ABOUT THIS TASK:
Please restate, word for word, the lines below that begin at the one with "unfoldable pub distinct" and end at the one with "pub digest : String". Leave out all other lines.

MATERIAL FOR THIS EXERCISE:
-------
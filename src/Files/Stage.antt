-- ===== src/Files/Stage.antt =====
-- The steps of an upload: each may raise, and leaves what its `except` block has to undo.
use phantom_share.Prelude.{
  ℕ, String, Bool, true, false, not, ◌||◌, Option, none, some, List, [], ◌∷◌, length, if◌then◌else◌,
  str_eq,
}
use phantom_share.Result.{http, storage_error, database_error, Result, ok, err}
use phantom_share.Sql.{insert, delete, exists}
use phantom_share.Schema.{Db, PendingRow, num, str, user_is}
use phantom_share.Crypto.{Bytes}
use phantom_share.Audit.{Entry, log_warning}
use phantom_share.Quota.{Reservation, reserve, commit, release, reconcile_user}
use phantom_share.Quota.Scripts.{Limits, Redis}
use phantom_share.Versions.Inserts.{Request}
use phantom_share.Files.{Object, object_is}

pub record Stage : Type 0 where
  pub db : Db
  pub redis : Option Redis
  pub objects : List Object
  pub byte_reservation : Option Reservation
  pub object_key : Option String

abbrev pub Try : Type 0 → Type 0
Try A = Stage → Result A × Stage

abbrev pub continue : {A B : Type 0} → (A → Try B) → Result A × Stage → Result B × Stage
continue rest (err e, s) = (err e, s)
continue rest (ok a, s) = rest a s

infixl 5 ◌>>=◌ ◌>>◌
unfoldable pub ◌>>=◌ : {A B : Type 0} → Try A → (A → Try B) → Try B
◌>>=◌ step rest s = continue rest (step s)

abbrev pub ◌>>◌ : {B : Type 0} → Try (Unit {0}) → Try B → Try B
step >> rest = step >>= (λ _. rest)

-- A step that only raises or returns.
abbrev pub lift : {A : Type 0} → Result A → Try A
lift r s = (r, s)

abbrev pub commit_or_keep : {A : Type 0} → Result (A × Db) → Stage → Result A × Stage
commit_or_keep (err e) s = (err e, s)
commit_or_keep (ok (a, db)) s = (ok a, record s { db = db })

-- A transaction.
abbrev pub in_db : {A : Type 0} → (Db → Result (A × Db)) → Try A
in_db transaction s = commit_or_keep (transaction s.db) s

-- The virus scanner, and whether the object storage answers. The scan of `clamav_service` tells
-- whether the file is clean, with the text of the reply.
pub record Outside : Type 0 where
  pub scan : Bytes → Result (Bool × String)
  pub upload_works : Bool
  pub delete_works : Bool
  pub prefix_200 : String → String

abbrev pub malware_entry : Outside → ℕ → String → String → ℕ → Entry
malware_entry outside user client_ip detail size = record {
  action = "malware_detected";
  actor_id = some user;
  actor_ip = some client_ip;
  secret_id = none;
  metadata = ("signature", str (outside.prefix_200 detail)) ∷ ("size", num size) ∷ [];
}

-- A file that is not clean is logged on a connection of its own, and refused.
unfoldable pub refuse_malware : Outside → ℕ → Request → ℕ → Bool × String → Try String
refuse_malware outside user request size (true, detail) s = (ok detail, s)
refuse_malware outside user request size (false, detail) s = (
  err (http 422 "Malware detected"),
  record s {
    db = log_warning (malware_entry outside user request.client_ip detail size) request.now s.db;
  },
)

abbrev pub hold : Result Reservation × Option Redis → Stage → Result Reservation × Stage
hold (err e, redis) s = (err e, record s { redis = redis })
hold (ok r, redis) s = (ok r, record s { redis = redis; byte_reservation = some r })

-- `byte_reservation = await quota_service.reserve(user, file_bytes=size)`
unfoldable pub reserve_bytes : Limits → ℕ → ℕ → ℕ → Request → Try Reservation
reserve_bytes limits user size id request s =
    hold (reserve limits user 0 size id request.now s.db s.redis) s

-- `object_key = …`, and then the INSERT into pending_uploads. Its id and that of its reservation
-- are drawn for it, so the key of the object is the only column that could clash.
unfoldable pub announce : PendingRow → Db → Result (Unit {0} × Db)
announce row db =
    if not (exists (user_is row.user_id) db.users)
      || exists (λ r. str_eq r.object_key row.object_key) db.pending_uploads
    then err database_error
    else ok (tt, record db { pending_uploads = insert row db.pending_uploads })

unfoldable pub name_object : String → Try (Unit {0})
name_object key s = (ok tt, record s { object_key = some key })

-- `storage_service.upload`, with the size that it returns.
unfoldable pub store : Outside → String → Bytes → Try ℕ
store outside key bytes s =
    if outside.upload_works
    then (
      ok (length bytes),
      record s {
        objects = insert (record { key = key; bytes = bytes }) (delete (object_is key) s.objects);
      },
    )
    else (err storage_error, s)

abbrev pub without : Outside → Option String → List Object → List Object
without outside none objects = objects
without outside (some key) objects =
    if outside.delete_works then delete (object_is key) objects else objects

abbrev pub release_held : Option Reservation → Option Redis → Option Redis
release_held none redis = redis
release_held (some r) redis = release r redis

-- The `except` block, for an upload that is not durable: the object is deleted, and the reservations
-- are released.
abbrev pub undo : Outside → Option Reservation → Stage → Stage
undo outside secret_reservation s = record s {
  objects = without outside s.object_key s.objects;
  redis = release_held secret_reservation (release_held s.byte_reservation s.redis);
}

-- The commits of the reservations; where one fails, the counters are reconciled instead.
abbrev pub recount : ℕ → Db → Result (Unit {0}) × Option Redis → Result (Unit {0}) × Option Redis
recount user db (ok u, redis) = (ok u, redis)
recount user db (err e, redis) =
    let (total, redis') = reconcile_user user db redis in
    (elim total [ ok _ ↦ ok tt | err e' ↦ err e' ], redis')

abbrev pub commit_next :
    Option Reservation → Result (Unit {0}) × Option Redis → Result (Unit {0}) × Option Redis
commit_next none done = done
commit_next (some r) (err e, redis) = (err e, redis)
commit_next (some r) (ok u, redis) = commit r redis

abbrev pub answered : {A : Type 0} → A → Stage → Result (Unit {0}) × Option Redis → Result A × Stage
answered a s (ok _, redis) = (ok a, record s { redis = redis })
answered a s (err e, redis) = (err e, record s { redis = redis })

-- The end of an upload whose steps ran as far as `outcome`.
abbrev pub conclude :
    {A : Type 0} → Outside → ℕ → Option Reservation → Result A × Stage → Result A × Stage
conclude outside user secret_reservation (err e, s) = (err e, undo outside secret_reservation s)
conclude outside user secret_reservation (ok a, s) = answered a s (
    recount user s.db
      (commit_next s.byte_reservation (commit_next secret_reservation (ok tt, s.redis))))
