-- ===== src/Files/Form.antt =====
-- The form of an upload, its validators and the rows that it gives rise to, of app/routers/files.py.
use Prim.Native.Char.{code}
use phantom_share.Prelude.{
  ℕ, ◌+◌, String, Bool, true, false, ◌&&◌, ◌||◌, Option, none, some, List, [], ◌∷◌, ◌==◌, leb,
  if◌then◌else◌, str_eq,
}
use phantom_share.Text.{decimal, ◌++◌ as ◌^◌}
use phantom_share.Result.{http, Result, ok, err}
use phantom_share.Sql.{delete}
use phantom_share.Schema.{VersionRow, PendingRow, file}
use phantom_share.Crypto.{Bytes, Primitives, Draw}
use phantom_share.FileCrypto.{FileCipher}
use phantom_share.Tokens.{Signing}
use phantom_share.Quota.Scripts.{Limits}
use phantom_share.Files.Stage.{Outside}

-- What the upload rests on: settings, and the validators of pydantic and `ipaddress`. `emails` is
-- `TypeAdapter(list[EmailStr])` in lower case, and `network` is `str(ip_network(text, strict=False))`;
-- `none` is the error of each.
pub record Uploads : Type 0 where
  pub prims : Primitives
  pub signing : Signing
  pub cipher : FileCipher
  pub outside : Outside
  pub base_url : String
  pub max_file_bytes : ℕ
  pub chunk_size : ℕ
  pub retention_days : ℕ
  pub limits : Limits
  pub emails : List String → Option (List String)
  pub network : String → Option String
  pub upper : String → String

pub record FileForm : Type 0 where
  pub upload : Bytes
  pub filename : Option String
  pub content_type : Option String
  pub ttl_hours : ℕ
  pub max_views : ℕ
  pub access_password : Option String
  pub allowed_email : List String
  pub change_note : Option String
  pub allowed_cidr : List String
  pub allowed_country : List String
  pub location_policy_mode : String
  pub geoip_fail_closed : Bool

-- What one upload draws at random.
pub record FileDraw : Type 0 where
  pub draw : Draw
  pub nonce_prefix : Bytes
  pub secret_id : ℕ
  pub pending_id : ℕ
  pub secret_reservation_id : ℕ
  pub byte_reservation_id : ℕ
  pub object_uuid : String

-- `list(dict.fromkeys(values))`
unfoldable pub distinct : List String → List String
distinct [] = []
distinct (x ∷ xs) = x ∷ delete (str_eq x) (distinct xs)

abbrev are_letters : ℕ → String → Bool
are_letters n String.[] = n == 2
are_letters n (String.◌∷◌ c s) =
    (leb b'A' (code c) && leb (code c) b'Z' || leb b'a' (code c) && leb (code c) b'z')
    && are_letters (n + 1) s

-- Two ASCII letters.
unfoldable pub is_country : String → Bool
is_country s = are_letters 0 s

abbrev prepend : Option String → Result (List String) → Result (List String)
prepend none rest = err (http 422 "Invalid allowed CIDR")
prepend (some n) (err e) = err e
prepend (some n) (ok ns) = ok (n ∷ ns)

-- `ip_network` of each value, or 422.
unfoldable pub networks : (String → Option String) → List String → Result (List String)
networks network [] = ok []
networks network (v ∷ vs) = prepend (network v) (networks network vs)

abbrev pub or_name : Option String → String
or_name none = "download"
or_name (some name) = if str_eq name "" then "download" else name

abbrev pub file_password : Primitives → Option String → Option String
file_password prims none = none
file_password prims (some password) =
    if str_eq password "" then none else some (prims.sha256_hash password)

-- What the steps before the transaction have made of the upload.
pub record Stored : Type 0 where
  pub key : String
  pub size : ℕ
  pub encrypted_size : ℕ
  pub digest : String
  pub filename : String × String
  pub scanned : String

-- The row of the INSERT into secret_versions.
abbrev pub file_version : ℕ → ℕ → ℕ → Stored → Option String → ℕ → Option String → ℕ → VersionRow
file_version id version key_version stored media_type user note now = record {
  secret_id = id;
  version = version;
  payload_type = file;
  content = none;
  nonce = none;
  key_version = some key_version;
  plaintext_size = stored.size;
  created_by = some user;
  change_note = note;
  object_key = some stored.key;
  created_at = now;
  encrypted_size = stored.encrypted_size;
  filename_ciphertext = some stored.filename.0;
  filename_nonce = some stored.filename.1;
  media_type = media_type;
  content_sha256 = some stored.digest;
  clamav_version = some stored.scanned;
  scanned_at = some now;
}

-- The key of an object.
unfoldable pub object_name : Uploads → ℕ → ℕ → String → String
object_name up secret_id version object_uuid =
    "secrets/"
    ^ (up.signing.uuid_str secret_id ^ ("/versions/" ^ (decimal version ^ ("/" ^ object_uuid))))

abbrev pub quarter_hour : ℕ
quarter_hour = 900_000_000

abbrev pub pending_is : ℕ → PendingRow → Bool
pending_is id r = r.id == id

abbrev pub is_nonempty : List String → Bool
is_nonempty [] = false
is_nonempty (_ ∷ _) = true

pub record FileCreated : Type 0 where
  pub secret_id : ℕ
  pub share_url : String
  pub signed_token : String
  pub version : ℕ
  pub size : ℕ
-------
EXPECTED ANSWER:
unfoldable pub distinct : List String → List String
distinct [] = []
distinct (x ∷ xs) = x ∷ delete (str_eq x) (distinct xs)

abbrev are_letters : ℕ → String → Bool
are_letters n String.[] = n == 2
are_letters n (String.◌∷◌ c s) =
    (leb b'A' (code c) && leb (code c) b'Z' || leb b'a' (code c) && leb (code c) b'z')
    && are_letters (n + 1) s

-- Two ASCII letters.
unfoldable pub is_country : String → Bool
is_country s = are_letters 0 s

abbrev prepend : Option String → Result (List String) → Result (List String)
prepend none rest = err (http 422 "Invalid allowed CIDR")
prepend (some n) (err e) = err e
prepend (some n) (ok ns) = ok (n ∷ ns)

-- `ip_network` of each value, or 422.
unfoldable pub networks : (String → Option String) → List String → Result (List String)
networks network [] = ok []
networks network (v ∷ vs) = prepend (network v) (networks network vs)

abbrev pub or_name : Option String → String
or_name none = "download"
or_name (some name) = if str_eq name "" then "download" else name

abbrev pub file_password : Primitives → Option String → Option String
file_password prims none = none
file_password prims (some password) =
    if str_eq password "" then none else some (prims.sha256_hash password)

-- What the steps before the transaction have made of the upload.
pub record Stored : Type 0 where
  pub key : String
  pub size : ℕ
  pub encrypted_size : ℕ
  pub digest : String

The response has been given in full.